The Masque of the Red Death

Although the disease is running rampant through his country, Prince Prospero remains oddly happy and carefree and invites a thousand of his healthy noble friends to join him in hiding from the disease in his abbey, which he then locks away from the outside world. In each room features a different color, which matches the color of the window: the first room is blue, the second purple, the third green, the fourth orange, the fifth white, and the sixth violet. The seventh room, however, is slightly different in that although the dominant color is black, the windows are blood red.
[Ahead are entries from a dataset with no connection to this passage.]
-- ===== src/Executor/MessageHandler/Settling.antt =====
-- The four calls of `_process_trade` on the user store: from covered liabilities they return, and funds only
-- change hands.
use lumendark.Common.{
  ℕ, ◌≡◌, refl, true, ℤ, pos, ◌+ℤ◌, ◌-ℤ◌, ◌≤ℤ◌, int_laws, Decimal, Runs, Runs-bind, ⊤, mul_pos,
  Runs-map, Bool-cases, inl, inr,
}
use lumendark.Models.Order.{Asset, OrderSide, buy, sell}
use lumendark.Models.Trade.{Trade, amount_a, amount_b}
use lumendark.Models.Message.{ActionPayload, settlement}
use lumendark.Storage.UserStore
use lumendark.Storage.UserStore.{UserStore}
use lumendark.Storage.UserStore.Holdings.{supply, asset_eqb, concerns}
use lumendark.Storage.UserStore.Cover.{
  Demand, bump, Covers, Covers-le, consume_liability-Covers, credit-Covers,
}
use lumendark.Storage.UserStore.Supply.{shift, supply-consume_liability, supply-credit}
use lumendark.Matching.Engine.Owed.{traded}
use lumendark.Storage.UserStore.Totals.{totals, totals-consume_liability, totals-credit}
use lumendark.Executor.MessageHandler.Chain.{effect, bump_neg}
use lumendark.Executor.MessageHandler.{settle_users}

-- `trade` as an action for the chain.
abbrev pub settlement_of : Trade → ActionPayload
settlement_of t = settlement t.id t.buyer_address t.seller_address (amount_a t) (amount_b t)

abbrev pub Nonneg : Demand → Type 0
Nonneg d = (v : ℕ) (y : Asset) → pos 0 ≤ℤ d v y

-- From a store `st` on: the demand `d` is covered, the supply has moved by `delta` and the totals by
-- `move`.
abbrev Stage : UserStore → Demand → (Asset → ℤ) → Demand → ⊤ → UserStore → Type 0
Stage st d delta move _ s =
    Covers s d
    × ((y : Asset) → supply s y ≡ supply st y +ℤ delta y)
    × ((v : ℕ) (y : Asset) → totals s v y ≡ totals st v y +ℤ move v y)

shift_neg :
    (x : Asset) (amount : ℤ) (y : Asset) → shift x (pos 0 -ℤ amount) y ≡ pos 0 -ℤ shift x amount y
shift_neg x amount y = elim (Bool-cases (asset_eqb y x)) [
  | inl t ↦ rw t
  | inr f ↦ rw f (omega int_laws)
]

pub with_bump :
    (d : Demand) (u : ℕ) (x : Asset) (amount : ℤ)
    → Nonneg d
    → pos 1 ≤ℤ amount
    → Nonneg (λ v y. d v y +ℤ bump u x amount v y)
with_bump d u x amount nonneg positive v y = elim (Bool-cases (concerns u x v y)) [
  | inl t ↦ rw t (omega (int_laws, nonneg v y))
  | inr f ↦ rw f (omega (int_laws, nonneg v y))
]

module _ (st s : UserStore) (u : ℕ) (x : Asset) (amount : Decimal) (positive : pos 1 ≤ℤ amount)
    (d : Demand) (delta : Asset → ℤ) (move : Demand) (real : asset_eqb x x ≡ true) where
  consume_liability-Stage :
      Nonneg d
      → Stage st (λ v y. d v y +ℤ bump u x amount v y) delta move tt s
      → Runs
          (UserStore.consume_liability u x amount)
          s
          (Stage st d (λ y. delta y -ℤ shift x amount y) (λ v y. move v y -ℤ bump u x amount v y))
  consume_liability-Stage nonneg (c, moved, worth) =
      let p = consume_liability-Covers s u x real d amount positive nonneg c in
      record {
        value = tt;
        returns = p.0;
        holds = (
          p.1,
          λ y.
              rw
                (
                  supply-consume_liability s u x d amount positive nonneg real c y,
                  moved y,
                  shift_neg x amount y,
                )
                (omega int_laws),
          λ v y.
              rw
                (
                  totals-consume_liability s u x d amount positive nonneg real c v y,
                  worth v y,
                  bump_neg u x amount v y,
                )
                (omega int_laws),
        );
      }

  credit-Stage :
      Stage st d delta move tt s
      → Runs
          (UserStore.credit u x amount)
          s
          (Stage st d (λ y. delta y +ℤ shift x amount y) (λ v y. move v y +ℤ bump u x amount v y))
  credit-Stage (c, moved, worth) =
      let p = credit-Covers s u x real d amount positive c in
      record {
        value = tt;
        returns = p.0;
        holds = (
          p.1,
          λ y. rw (supply-credit s u x amount y, moved y) (omega int_laws),
          λ v y. rw (totals-credit s u x amount v y, worth v y) (omega int_laws),
        );
      }

-- For a trade of positive price and quantity, from liabilities that cover a demand that is
-- nowhere negative and what the trade consumes, the four calls of `_process_trade` on the user
-- store return, whichever side took, the demand is still covered, the sums of the users' totals
-- are kept, and each user's totals have moved as the settlement moves the contract's balances.
pub settle_users-Runs :
    (st : UserStore) (t : Trade) (side : OrderSide) (d : Demand)
    → pos 1 ≤ℤ t.price
    → pos 1 ≤ℤ t.quantity
    → Nonneg d
    → Covers st (λ v y. d v y +ℤ traded t v y)
    → Runs (settle_users t side) st (λ _ s.
      Covers s d
      × ((y : Asset) → supply s y ≡ supply st y)
      × ((v : ℕ) (y : Asset) → totals s v y ≡ effect (settlement_of t) (totals st) v y))
unfolding settle_users
settle_users-Runs st t buy d priced moves nonneg c =
    Runs-bind
      (consume_liability-Stage st st t.buyer_address Asset.b (amount_b t)
        (mul_pos t.price t.quantity priced moves)
        (λ v y. d v y +ℤ bump t.seller_address Asset.a (amount_a t) v y) (λ y. pos 0) (λ v y. pos 0)
        refl (with_bump d t.seller_address Asset.a (amount_a t) nonneg moves)
        (Covers-le (λ v y. omega int_laws) c, λ y. omega int_laws, λ v y. omega int_laws))
      λ _ s1 p1.
        Runs-bind
          (consume_liability-Stage st s1 t.seller_address Asset.a (amount_a t) moves d _ _ refl
            nonneg p1)
          λ _ s2 p2.
            Runs-bind (credit-Stage st s2 t.buyer_address Asset.a (amount_a t) moves d _ _ refl p2)
              λ _ s3 p3.
                Runs-map
                  (credit-Stage st s3 t.seller_address Asset.b (amount_b t)
                    (mul_pos t.price t.quantity priced moves) d _ _ refl p3)
                  λ _ s4 p4.
                    (p4.0, λ y. rw (p4.1 y) (omega int_laws), λ v y. rw (p4.2 v y) (omega int_laws))
settle_users-Runs st t sell d priced moves nonneg c =
    Runs-bind
      (consume_liability-Stage st st t.seller_address Asset.a (amount_a t) moves
        (λ v y. d v y +ℤ bump t.buyer_address Asset.b (amount_b t) v y) (λ y. pos 0) (λ v y. pos 0)
        refl
        (with_bump d t.buyer_address Asset.b (amount_b t) nonneg
          (mul_pos t.price t.quantity priced moves))
        (Covers-le (λ v y. omega int_laws) c, λ y. omega int_laws, λ v y. omega int_laws))
      λ _ s1 p1.
        Runs-bind
          (consume_liability-Stage st s1 t.buyer_address Asset.b (amount_b t)
            (mul_pos t.price t.quantity priced moves) d _ _ refl nonneg p1)
          λ _ s2 p2.
            Runs-bind
              (credit-Stage st s2 t.seller_address Asset.b (amount_b t)
                (mul_pos t.price t.quantity priced moves) d _ _ refl p2)
              λ _ s3 p3.
                Runs-map
                  (credit-Stage st s3 t.buyer_address Asset.a (amount_a t) moves d _ _ refl p3)
                  λ _ s4 p4.
                    (p4.0, λ y. rw (p4.1 y) (omega int_laws), λ v y. rw (p4.2 v y) (omega int_laws))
The lights shining through the window from the corridors creates such a ghastly effect in this room that most of the guests avoid the room altogether. In this apartment is also a giant ebony clock, whose pendulum swings ominously and whose hourly ringing is so disturbing that it invariably disconcerts the musicians, dancers, and other revelers, causing everyone to pause until the chimes fade away, at which point everyone nervously resumes their actions. Other than the unnerving seventh room, the ball is boldly and wildly decorated in a way that hints at Prospero's potential madness. All the apartments are crowded except for the seventh, and the ball continues until the stroke of midnight. The entire masquerade ball can be read as an allegory for the ways in which humans attempt to distract themselves from thoughts of their own mortality by indulging in earthly pleasures.

Yet, the "masked figure'' who appears at the masquerade ball is the Red Death itself, which, despite all precautions, slips in like a thief in the night to claim the lives of everyone within, just as death eventually claims all mortals. The fact that the Red Death appears masked in the seventh room is of special significance beyond the fact that he is attending a masquerade. The mask shows the image of a corpse that has recently been stricken by the plague, but provides no hint of what lies under the mask.